Die USA in Venezuela: Ein Rückblick auf den umstrittenen Militäreinsatz von 2026
Vor knapp einem Jahr, am 3. Januar 2026, kam es zu einem Ereignis, das die Welt schockierte: Die Vereinigten Staaten führten einen Militäreinsatz in Venezuela durch, bei dem Präsident Nicolás Maduro und seine Frau Cilia Flores gefangen genommen wurden. Dieser Einsatz, der unter dem Namen „Operation Absolute Resolve“ lief, markierte eine Zäsur in den ohnehin angespannten Beziehungen zwischen den USA und Venezuela.
Die Operation begann in den frühen Morgenstunden (gegen 2 Uhr Ortszeit), als in der venezolanischen Hauptstadt Caracas Explosionen zu hören waren. US-Spezialkräfte griffen mehrere Ziele an, darunter Militärstützpunkte, Kommunikationseinrichtungen und den Präsidentenpalast. Ziel war es, die venezolanische Luftabwehr auszuschalten und Maduro gefangen zu nehmen.
Präsident Trump bestätigte kurz darauf über seinen Social-Media-Kanal Truth Social die Festnahme Maduros und dessen Überführung in die USA, wo ihm der Prozess gemacht werden sollte. Die Anklagepunkte umfassten unter anderem „Narco-Terrorismus“, Drogenhandel und den Besitz von Waffen gegen die USA.
Die Motive der USA
Die Trump-Regierung begründete den Militäreinsatz mit dem Kampf gegen Drogenhandel und der Notwendigkeit, Venezuela von einem „illegitimen Diktator“ zu befreien. Hinter vorgehaltener Hand wurde jedoch auch der Zugang zu den venezolanischen Ölreserven als ein wesentliches Motiv genannt. Trump selbst sprach davon, dass US-amerikanische Energieunternehmen bereitstünden, Milliarden in die Restrukturierung der venezolanischen Ölindustrie zu investieren.
Reaktionen und Folgen
Der Militäreinsatz stieß international auf breite Kritik. Insbesondere lateinamerikanische Staaten verurteilten die Aktion als Verletzung der venezolanischen Souveränität und forderten eine Rückkehr zur Diplomatie. Die venezolanische Regierung verurteilte den Einsatz ebenfalls und verhängte den Notstand. Vizepräsidentin Delcy Rodríguez bezeichnete Maduro als den „einzigen Präsidenten“ Venezuelas und rief zur nationalen Einheit auf.

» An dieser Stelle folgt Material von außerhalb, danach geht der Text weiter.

-- ===== src/Mkcp/Sound/Reachable.antt =====
-- The states of an engine in use, and that `input` is safe in each of them.
use v2ray.Prelude.{
  ℕ, ◌+◌, ◌≤◌, ◌≡◌, subst, arith, Bool, true, false, not, List, [], ◌∷◌, ◌++◌, length, ltb, leb,
  ◌==◌, if◌then◌else◌,
}
use v2ray.Common.Result.{Result, ok, err, panic, stuck, ◌>>=◌}
use v2ray.Common.Result.Holds.{Holds}
use v2ray.Mkcp.Segment.{cmd_wins, cmd_wask, Segment}
use v2ray.Mkcp.Input.Sorted.{Sorted}
use v2ray.Mkcp.Kcp.{u32, signed_less, Kcp, new_kcp, set_nodelay, set_wndsize}
use v2ray.Mkcp.Window.{copy_at, send, recv, recv_message, recv_loop, div_ceil, peeksize}
use v2ray.Mkcp.Input.{input}
use v2ray.Mkcp.Flush.{
  send_loop, probe_packet, flush_buf, ack_packets, send_window, update, flush, fill_buf,
  probe_window, after_sending,
}
use v2ray.Mkcp.Sound.{Sound, ResultSound, input-Sound, move-Sound, if-Sound}

-- What is true of a value, if the call returns one.
abbrev IfOk {ℓ} : {A : Type ℓ} → (A → Type 0) → Result A → Type 0
IfOk P (ok a) = P a
IfOk P (err e) = Unit {0}
IfOk P panic = Unit {0}
IfOk P stuck = Unit {0}

bind-IfOk {ℓ κ} :
    {A : Type ℓ} {B : Type κ} (P : A → Type 0) (Q : B → Type 0) (m : Result A) (f : A → Result B)
    → IfOk P m
    → ((a : A) → P a → IfOk Q (f a))
    → IfOk Q (m >>= f)
bind-IfOk P Q (ok a) f h k = k a h
bind-IfOk P Q (err e) f h k = tt
bind-IfOk P Q panic f h k = tt
bind-IfOk P Q stuck f h k = tt

if-IfOk {ℓ} :
    {A : Type ℓ} (P : A → Type 0) (b : Bool) (x y : Result A)
    → IfOk P x
    → IfOk P y
    → IfOk P (if b then x else y)
if-IfOk P true x y p q = p
if-IfOk P false x y p q = q

always {ℓ} : {A : Type ℓ} (m : Result A) → IfOk (λ a. Unit {0}) m
always (ok a) = tt
always (err e) = tt
always panic = tt
always stuck = tt

abbrev Shorter : List Segment → List Segment × List ℕ × ℕ → Type 0
Shorter q r = length r.0 ≤ length q

weaken :
    (s : Segment) (q : List Segment) (m : Result (List Segment × List ℕ × ℕ))
    → IfOk (Shorter q) m
    → IfOk (Shorter (s ∷ q)) m
weaken s q (ok r) h = omega arith
weaken s q (err e) h = tt
weaken s q panic h = tt
weaken s q stuck h = tt

loop-Shorter : (q : List Segment) (buf : List ℕ) (pos : ℕ) → IfOk (Shorter q) (recv_loop q buf pos)
unfolding recv_loop
loop-Shorter [] buf pos = omega arith
loop-Shorter (s ∷ q) buf pos =
    let n : ℕ = pos + length s.payload in
    let next : List ℕ → Result (List Segment × List ℕ × ℕ) =
      λ buf. if s.frg == 0 then ok (q, buf, n) else recv_loop q buf n in
    bind-IfOk (λ b. Unit {0}) (Shorter (s ∷ q)) (copy_at buf pos s.payload) next
      (always (copy_at buf pos s.payload))
      (λ buf _.
        if-IfOk (Shorter (s ∷ q)) (s.frg == 0) (ok (q, buf, n)) (recv_loop q buf n) (omega arith)
          (weaken s q (recv_loop q buf n) (loop-Shorter q buf n)))

abbrev Received : Kcp × List ℕ × ℕ → Type 0
Received r = Sound r.0

message-Sound : (k : Kcp) (buf : List ℕ) → Sound k → IfOk Received (recv_message k buf)
unfolding recv_message
message-Sound k buf h =
    bind-IfOk (Shorter k.rcv_queue) Received (recv_loop k.rcv_queue buf 0) _
      (loop-Shorter k.rcv_queue buf 0)
      (λ r short. move-Sound (record k { rcv_queue = r.0 }) (h.0, omega arith, h.2))

recv-Sound : (k : Kcp) (buf : List ℕ) → Sound k → IfOk Received (recv k buf)
unfolding recv
recv-Sound k buf h = if-IfOk Received (length k.rcv_queue == 0) _ _ h (
    if-IfOk Received (signed_less (peeksize k) 0) _ _ h (
      if-IfOk Received (signed_less (u32 (length buf)) (peeksize k)) _ _ h (message-Sound k buf h)))

send-Sound : (k : Kcp) (buf : List ℕ) → Sound k → IfOk ResultSound (send k buf)
unfolding send
send-Sound k [] h = h
send-Sound k (b ∷ bs) h =
    bind-IfOk (λ n. Unit {0}) ResultSound (div_ceil (length (b ∷ bs)) k.mss) _
      (always (div_ceil (length (b ∷ bs)) k.mss))
      (λ count _. if-IfOk ResultSound (leb 256 count) _ _ h h)

fill-Sound : (cwnd : ℕ) (queue : List Segment) (k : Kcp) → Sound k → Sound (fill_buf cwnd queue k)
unfolding fill_buf
fill-Sound cwnd [] k h = h
fill-Sound cwnd (s ∷ queue) k h =
    if-Sound (ltb k.snd_nxt (u32 (k.snd_una + cwnd))) _ _ (fill-Sound cwnd queue _ h) h

probe-Sound : (k : Kcp) → Sound k → Sound (probe_window k)
unfolding probe_window
probe-Sound k h =
    if-Sound (k.rmt_wnd == 0) _ _
      (if-Sound (k.probe_wait == 0) _ _ h (if-Sound (leb k.ts_probe k.current) _ _ h h)) h

after-Sound :
    (cwnd : ℕ) (change lost : Bool) (k : Kcp) → Sound k → Sound (after_sending cwnd change lost k)
unfolding after_sending
after-Sound cwnd true true k h = h
after-Sound cwnd true false k h = if-Sound _ _ _ h h
after-Sound cwnd false true k h = h
after-Sound cwnd false false k h = if-Sound _ _ _ h h

flush_buf-Sound :
    (cwnd : ℕ) (out : List (List ℕ)) (k : Kcp) → Sound k → Sound (flush_buf cwnd out k).0
unfolding flush_buf
flush_buf-Sound cwnd out k h =
    let (buf, sent) =
      send_loop k k.snd_buf
        (record { out = out; xmit = k.xmit; state = k.state; change = false; lost = false }) in
    after-Sound cwnd sent.change sent.lost
      (record k { snd_buf = buf; xmit = sent.xmit; state = sent.state }) h

if-First :
    (b : Bool) (x y : Kcp × List (List ℕ)) → Sound x.0 → Sound y.0 → Sound (if b then x else y).0
if-First true x y p q = p
if-First false x y p q = q

flush-Sound : (k : Kcp) → Sound k → Sound (flush k).0
unfolding flush
flush-Sound k h =
    let k1 = probe_window (record k { acklist = [] }) in
    let k2 = record k1 { probe = 0 } in
    let out =
      ack_packets k k.acklist ++ (probe_packet 1 cmd_wask k1 ++ probe_packet 2 cmd_wins k1) in
    let filled = fill_buf (send_window k2) k2.snd_queue k2 in
    if-First (not k.updated) (k, []) (flush_buf (send_window k2) out filled) h
      (flush_buf-Sound (send_window k2) out filled
        (fill-Sound (send_window k2) k2.snd_queue k2 (probe-Sound (record k { acklist = [] }) h)))

-- The states of the engine of one conversation, whatever the peer sends and the application does.
pub data Reachable (conv : ℕ) : Kcp → Type 0 where
  start : Reachable conv (new_kcp conv)
  sized : (snd rcv : ℕ) → Reachable conv (set_wndsize snd rcv (new_kcp conv))
  tuned : {k : Kcp} (nodelay : Bool) → Reachable conv k → Reachable conv (set_nodelay nodelay k)
  clocked : {k : Kcp} (now : ℕ) → Reachable conv k → Reachable conv (update now k)
  flushed : {k : Kcp} → Reachable conv k → Reachable conv (flush k).0
  fed :
      {k k' : Kcp} {code : ℕ} (bytes : List ℕ)
      → Reachable conv k
      → input k bytes ≡ ok (k', code)
      → Reachable conv k'
  sent :
      {k k' : Kcp} {code : ℕ} (message : List ℕ)
      → Reachable conv k
      → send k message ≡ ok (k', code)
      → Reachable conv k'
  taken :
      {k k' : Kcp} {code : ℕ} {out : List ℕ} (buf : List ℕ)
      → Reachable conv k
      → recv k buf ≡ ok (k', out, code)
      → Reachable conv k'

update-Sound : (now : ℕ) (k : Kcp) → Sound k → Sound (update now k)
unfolding update
update-Sound now k h = if-Sound k.updated _ _ h h

Reachable-Sound : {conv : ℕ} {k : Kcp} → Reachable conv k → Sound k
Reachable-Sound start = (omega arith, omega arith, tt)
Reachable-Sound (sized snd rcv) = (omega arith, omega arith, tt)
Reachable-Sound (tuned nodelay h) = Reachable-Sound h
Reachable-Sound (clocked {k = k} now h) = update-Sound now k (Reachable-Sound h)
Reachable-Sound (flushed {k = k} h) = flush-Sound k (Reachable-Sound h)
Reachable-Sound (fed {k = k} bytes h e) =
    subst (Holds ResultSound) e (input-Sound k bytes (Reachable-Sound h))
Reachable-Sound (sent {k = k} message h e) =
    subst (IfOk ResultSound) e (send-Sound k message (Reachable-Sound h))
Reachable-Sound (taken {k = k} buf h e) =
    subst (IfOk Received) e (recv-Sound k buf (Reachable-Sound h))

-- In every state that an engine reaches from its start, with the default windows or with those that
-- `set_wndsize` gives it first, by any sequence of `set_nodelay`, `update`, `flush`, `input`, `send`
-- and `recv`, the received segments that wait fit the receive window, the
-- numbers in the receive buffer ascend strictly from `rcv_nxt` at least, and `input` of any bytes
-- returns a code, with neither a panic nor a loop that does not end, and leaves an engine of which
-- the same holds.
pub input-Reachable :
    {conv : ℕ} {k : Kcp} (bytes : List ℕ)
    → Reachable conv k
    → (length k.rcv_queue ≤ k.rcv_wnd) × Sorted k × Holds ResultSound (input k bytes)
input-Reachable {k = k} bytes h =
    ((Reachable-Sound h).1, (Reachable-Sound h).2, input-Sound k bytes (Reachable-Sound h))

Maduro wurde in New York vor Gericht gestellt. Die venezolanische Regierung blieb jedoch im Amt, wobei Rodríguez die Amtsgeschäfte übernahm. Trump deutete an, dass die USA Venezuela „führen“ würden, bis ein Übergangsplan steht, was jedoch von Rodríguez zurückgewiesen wurde.
Die Lehren aus dem Einsatz
Der Militäreinsatz in Venezuela war ein deutliches Beispiel für die Einmischung einer Großmacht in die inneren Angelegenheiten eines anderen Landes. Er verdeutlichte die Risiken einer Politik, die auf militärische Interventionen statt auf Diplomatie setzt. Die Ereignisse in Venezuela haben die internationale Gemeinschaft daran erinnert, wie wichtig die Achtung der nationalen Souveränität und die friedliche Konfliktlösung sind.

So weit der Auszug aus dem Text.